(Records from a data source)
☆ ☆ ☆ ☆ ☆ ☆ ☆

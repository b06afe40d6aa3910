-- ===== src/Simulator/Ready/Disturbances.antt =====
-- The interruptions that are drawn are of faults that are configured and exist.
use cell_oee_demo.Prelude.{
  ℕ, ◌≡◌, refl, Bool, true, not, Option, none, some, List, [], ◌∷◌, ◌++◌, arith, ◌==◌, Bool-cases,
  Option-cases, inl, inr, All, is_some, filter,
}
use cell_oee_demo.Simulator.Valid.{Forward, IsArithmetic, IsFault, IsValidated}
use cell_oee_demo.Simulator.World.{World}
use cell_oee_demo.Simulator.Model.{
  lookup, keys, faults, fault_station, mtbf_fault_codes, weld_fault_code,
}
use cell_oee_demo.Simulator.Config.{
  SimConfig, FaultCfg, StopProcessCfg, is_in, all_in, known_faults,
}
use cell_oee_demo.Simulator.Faults.{
  Interruption, Kind, fault_arrivals, flow_arrival, earliest, earliest_of, next_interruption,
  fault_range,
}
use cell_oee_demo.Simulator.Ready.{IsConfigured}

lookup-is_in {ℓ} :
    {A : Type ℓ} (rows : List (ℕ × A)) (code : ℕ)
    → is_in code (keys rows) ≡ true
    → is_some (lookup code rows) ≡ true
unfolding lookup
lookup-is_in [] code h = h
lookup-is_in ((k, x) ∷ rows) code h = elim (Bool-cases (k == code)) [
  | inl e ↦ rw e refl
  | inr e ↦ let rest = rw e at h in rw e (lookup-is_in rows code rest)
]

is_in-filter :
    (keep : ℕ → Bool) (codes : List ℕ) (code : ℕ)
    → is_in code (filter keep codes) ≡ true
    → is_in code codes ≡ true
is_in-filter keep [] code h = h
is_in-filter keep (c ∷ codes) code h = elim (Bool-cases (c == code)) [
  | inl e ↦ rw e refl
  | inr e ↦ rw e (elim (Bool-cases (keep c)) [
    | inl k ↦ let rest = rw (k, e) at h in is_in-filter keep codes code rest
    | inr k ↦ let rest = rw k at h in is_in-filter keep codes code rest
  ])
]

abbrev AllIn : List ℕ → List ℕ → Type 0
AllIn codes known = All (λ c. is_in c known ≡ true) codes

all_in-AllIn : (codes known : List ℕ) → all_in codes known ≡ true → AllIn codes known
all_in-AllIn [] known h = tt
all_in-AllIn (c ∷ codes) known h = (ground arith, all_in-AllIn codes known (ground arith))

AllIn-more : (codes known : List ℕ) (k : ℕ) → AllIn codes known → AllIn codes (k ∷ known)
AllIn-more [] known k h = tt
AllIn-more (c ∷ codes) known k h = let hit = h.0 in (ground arith, AllIn-more codes known k h.1)

AllIn-self : (codes : List ℕ) → AllIn codes codes
AllIn-self [] = tt
AllIn-self (c ∷ codes) = (ground arith, AllIn-more codes codes c (AllIn-self codes))

module _ (w : World) (laws : IsArithmetic w) (cfg : SimConfig w) where
  abbrev AreConfigured : List (Interruption w) → Type 0
  AreConfigured is =
      All (λ (i : Interruption w). IsConfigured w cfg i.kind × Forward w i.delay_s) is

  abbrev pub MayInterrupt : Option (Interruption w) → Type 0
  MayInterrupt none = Unit
  MayInterrupt (some i) = IsConfigured w cfg i.kind × Forward w i.delay_s

  fault_range-is_in :
      (code : ℕ) → is_in code (keys cfg.faults) ≡ true → is_some (fault_range w cfg code) ≡ true
  unfolding fault_range
  fault_range-is_in code h = elim (Bool-cases (code == 201)) [
    | inl e ↦ rw e refl
    | inr e ↦ rw e (elim (Option-cases (lookup code cfg.faults)) [
      | inl none_found ↦
          let found = lookup-is_in cfg.faults code h in
          let off = rw none_found at found in rw none_found off
      | inr (f, found) ↦ rw found refl
    ])
  ]

  fault_station-is_in :
      (code : ℕ) → is_in code mtbf_fault_codes ≡ true → is_some (fault_station code) ≡ true
  unfolding fault_station
  fault_station-is_in code h =
      lookup-is_in faults code (is_in-filter (λ c. not (c == weld_fault_code)) (keys faults) code h)

  fault_arrivals-AreConfigured :
      (rows : List (ℕ × FaultCfg w)) (rng : w.R)
      → AllIn (keys rows) mtbf_fault_codes
      → AllIn (keys rows) (keys cfg.faults)
      → All (IsFault w) rows
      → AreConfigured (fault_arrivals w rows rng).0
  unfolding fault_arrivals
  fault_arrivals-AreConfigured [] rng known configured valid = tt
  fault_arrivals-AreConfigured ((code, f) ∷ rows) rng known configured valid = (
    (
      (fault_station-is_in code known.0, fault_range-is_in code configured.0),
      laws.expovariate_forward (w.div (w.real 1) (w.mul f.mtbf_min (w.real 60))) rng (
          laws.div_positive (w.real 1) (w.mul f.mtbf_min (w.real 60))
            (laws.real_positive 1 (omega arith))
            (laws.mul_positive f.mtbf_min (w.real 60) valid.0.0
              (laws.real_positive 60 (omega arith)))),
    ),
    fault_arrivals-AreConfigured rows _ known.1 configured.1 valid.1,
  )

  append-AreConfigured :
      (xs ys : List (Interruption w))
      → AreConfigured xs
      → AreConfigured ys
      → AreConfigured (xs ++ ys)
  append-AreConfigured [] ys h k = k
  append-AreConfigured (x ∷ xs) ys h k = (h.0, append-AreConfigured xs ys h.1 k)

  flow_arrival-AreConfigured :
      (kind : Kind) (proc : StopProcessCfg w) (rng : w.R)
      → IsConfigured w cfg kind
      → AreConfigured (flow_arrival w kind proc rng).0
  unfolding flow_arrival
  flow_arrival-AreConfigured kind proc rng h = elim (Bool-cases (w.lt (w.real 0) proc.rate_per_h)) [
    | inl e ↦
        let forward = laws.expovariate_forward (w.div proc.rate_per_h (w.real 3600)) rng (
          laws.div_positive proc.rate_per_h (w.real 3600) e
            (laws.real_positive 3600 (omega arith))) in
        rw e ((h, forward), tt)
    | inr e ↦ rw e tt
  ]

  earliest-IsConfigured :
      (best : Interruption w) (is : List (Interruption w))
      → MayInterrupt (some best)
      → AreConfigured is
      → MayInterrupt (some (earliest w best is))
  unfolding earliest
  earliest-IsConfigured best [] h k = h
  earliest-IsConfigured best (i ∷ is) h k = elim (Bool-cases (w.lt i.delay_s best.delay_s)) [
    | inl e ↦ rw e (earliest-IsConfigured i is k.0 k.1)
    | inr e ↦ rw e (earliest-IsConfigured best is h k.1)
  ]

  earliest_of-MayInterrupt :
      (is : List (Interruption w)) → AreConfigured is → MayInterrupt (earliest_of w is)
  earliest_of-MayInterrupt [] h = tt
  earliest_of-MayInterrupt (i ∷ is) h = earliest-IsConfigured i is h.0 h.1

  pub next_interruption-MayInterrupt :
      (rng : w.R) → IsValidated w cfg → MayInterrupt (next_interruption w cfg rng).0
  unfolding next_interruption known_faults
  next_interruption-MayInterrupt rng valid =
      let codes = keys cfg.faults in
      let rng₁ = (fault_arrivals w cfg.faults rng).1 in
      let (on_starved, rng₂) = flow_arrival w Kind.starved cfg.flow.starved rng₁ in
      let on_blocked = (flow_arrival w Kind.blocked cfg.flow.blocked rng₂).0 in
      let on_faults = (fault_arrivals w cfg.faults rng).0 in
      earliest_of-MayInterrupt (on_faults ++ on_starved ++ on_blocked) (
        append-AreConfigured (on_faults ++ on_starved) on_blocked
          (append-AreConfigured on_faults on_starved
            (fault_arrivals-AreConfigured cfg.faults rng
              (all_in-AllIn codes mtbf_fault_codes valid.known) (AllIn-self codes) valid.faults)
            (flow_arrival-AreConfigured Kind.starved cfg.flow.starved rng₁ tt))
          (flow_arrival-AreConfigured Kind.blocked cfg.flow.blocked rng₂ tt))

☆ ☆ ☆ ☆ ☆ ☆ ☆

AIM OF THE TASK: Send back an exact copy of only the lines from the line with "(IsFault w) rows" up to and including the line with "(xs ys : List (Interruption w))" in the data above.

TASK OUTPUT:
      → All (IsFault w) rows
      → AreConfigured (fault_arrivals w rows rng).0
  unfolding fault_arrivals
  fault_arrivals-AreConfigured [] rng known configured valid = tt
  fault_arrivals-AreConfigured ((code, f) ∷ rows) rng known configured valid = (
    (
      (fault_station-is_in code known.0, fault_range-is_in code configured.0),
      laws.expovariate_forward (w.div (w.real 1) (w.mul f.mtbf_min (w.real 60))) rng (
          laws.div_positive (w.real 1) (w.mul f.mtbf_min (w.real 60))
            (laws.real_positive 1 (omega arith))
            (laws.mul_positive f.mtbf_min (w.real 60) valid.0.0
              (laws.real_positive 60 (omega arith)))),
    ),
    fault_arrivals-AreConfigured rows _ known.1 configured.1 valid.1,
  )

  append-AreConfigured :
      (xs ys : List (Interruption w))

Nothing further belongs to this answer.